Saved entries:
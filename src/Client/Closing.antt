-- ===== src/Client/Closing.antt =====
-- dacloud.c, what da_cloud_fini gives back of what da_cloud_init took.
use deviceatlas_cloud_c.Prelude.{
  ℕ, ◌≡◌, Option, none, some, List, ◌++◌, Perm, Bool, Bytes, ℤ, done, returns, Ensures,
  Ensures-known, Ensures-returns,
}
use deviceatlas_cloud_c.Mem.{Allocator, AllocatorLaws}
use deviceatlas_cloud_c.Mem.Moving.{CopyLaws, RefusalLaws}
use deviceatlas_cloud_c.Cache.{CString, Provider}
use deviceatlas_cloud_c.Cache.Blocks.{text_blocks}
use deviceatlas_cloud_c.Server.{Server}
use deviceatlas_cloud_c.Ranking.{Probes}
use deviceatlas_cloud_c.Config.{Platform, Plugin, free_pointer}
use deviceatlas_cloud_c.Client.Balance.{free_head-live}
use deviceatlas_cloud_c.Client.Life.{PluginBlocks, Kept, Good, init-Kept}
use deviceatlas_cloud_c.Client.{Config, Inited, init, pointer_of, fini}

module _ (A : Allocator) (plugins : Provider → Plugin A) (have_memcached : Bool) (P : Platform)
    (W : Probes) (qsort : (Server → Server → ℤ) → List Server → List Server) (L : AllocatorLaws A)
    (K : CopyLaws A L) (X : RefusalLaws A L) (B : (p : Provider) → PluginBlocks A L (plugins p))
    (sorts : (cmp : Server → Server → ℤ) (xs : List Server) → Perm (qsort cmp xs) xs) where
  open A use {State}
  open L use {live}

  free_key :
      (key : Option CString) (s : State) (rest : List ℕ)
      → Perm (live s) (text_blocks key ++ rest)
      → Perm (live (free_pointer A s (pointer_of A plugins have_memcached P W qsort key))) rest
  free_key none s rest h = h
  free_key (some (p, t)) s rest h = L.free_live s p rest h

  pub fini-live :
      (s : State) (config : Config A plugins have_memcached P W qsort) (before : List ℕ)
      → Kept A plugins have_memcached P W qsort L K X B sorts before s config
      → Ensures (λ s'. Perm (live s') before) (fini A plugins have_memcached P W qsort s config)
  unfolding fini
  fini-live s config before kept =
      let left_head =
        free_head-live A plugins have_memcached P W qsort L K config.shead.self _ (config.shead, s)
          kept in
      Ensures-known _ ((plugins config.provider).ops.fini _ config.cache_cfg) _ λ left ran.
        free_key config.licence_key left.heap before
          ((B config.provider).closes _ config.cache_cfg left _ left_head ran)

  -- Over a lawful allocator that also moves and copies blocks lawfully and gives none at the
  -- address 0, with providers whose fini gives back what their init took and a qsort that only
  -- reorders, where da_cloud_init returned 0 and da_cloud_fini returns for the config that it
  -- left, every block that was taken for the servers, the licence key, the settings and the cache
  -- has been given back: the live blocks are those from before da_cloud_init.
  pub init-fini :
      (s : State) (net : W.Net) (old_id : Option Provider) (old_ranking : Bool) (confpath : Bytes)
      (r : Inited A plugins have_memcached P W qsort)
      → init A plugins have_memcached P W qsort s net old_id old_ranking confpath ≡ returns (some r)
      → r.status ≡ done
      → Ensures
          (λ s'. Perm (live s') (live s))
          (fini A plugins have_memcached P W qsort r.heap r.config)
  init-fini s net old_id old_ranking confpath r ran ok = fini-live r.heap r.config (live s) (
      Ensures-returns (Good A plugins have_memcached P W qsort L K X B sorts (live s)) _ (some r)
        ran
        (init-Kept A plugins have_memcached P W qsort L K X B sorts s net old_id old_ranking
          confpath)
        ok)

[About this task] In your reply, restate exactly the lines from the start of the records above through the line holding "(K : CopyLaws", including both, and nothing else.

[Answer to this exercise]
filename src/Client/Closing.antt
-- ===== src/Client/Closing.antt =====
-- dacloud.c, what da_cloud_fini gives back of what da_cloud_init took.
use deviceatlas_cloud_c.Prelude.{
  ℕ, ◌≡◌, Option, none, some, List, ◌++◌, Perm, Bool, Bytes, ℤ, done, returns, Ensures,
  Ensures-known, Ensures-returns,
}
use deviceatlas_cloud_c.Mem.{Allocator, AllocatorLaws}
use deviceatlas_cloud_c.Mem.Moving.{CopyLaws, RefusalLaws}
use deviceatlas_cloud_c.Cache.{CString, Provider}
use deviceatlas_cloud_c.Cache.Blocks.{text_blocks}
use deviceatlas_cloud_c.Server.{Server}
use deviceatlas_cloud_c.Ranking.{Probes}
use deviceatlas_cloud_c.Config.{Platform, Plugin, free_pointer}
use deviceatlas_cloud_c.Client.Balance.{free_head-live}
use deviceatlas_cloud_c.Client.Life.{PluginBlocks, Kept, Good, init-Kept}
use deviceatlas_cloud_c.Client.{Config, Inited, init, pointer_of, fini}

module _ (A : Allocator) (plugins : Provider → Plugin A) (have_memcached : Bool) (P : Platform)
    (W : Probes) (qsort : (Server → Server → ℤ) → List Server → List Server) (L : AllocatorLaws A)
    (K : CopyLaws A L) (X : RefusalLaws A L) (B : (p : Provider) → PluginBlocks A L (plugins p))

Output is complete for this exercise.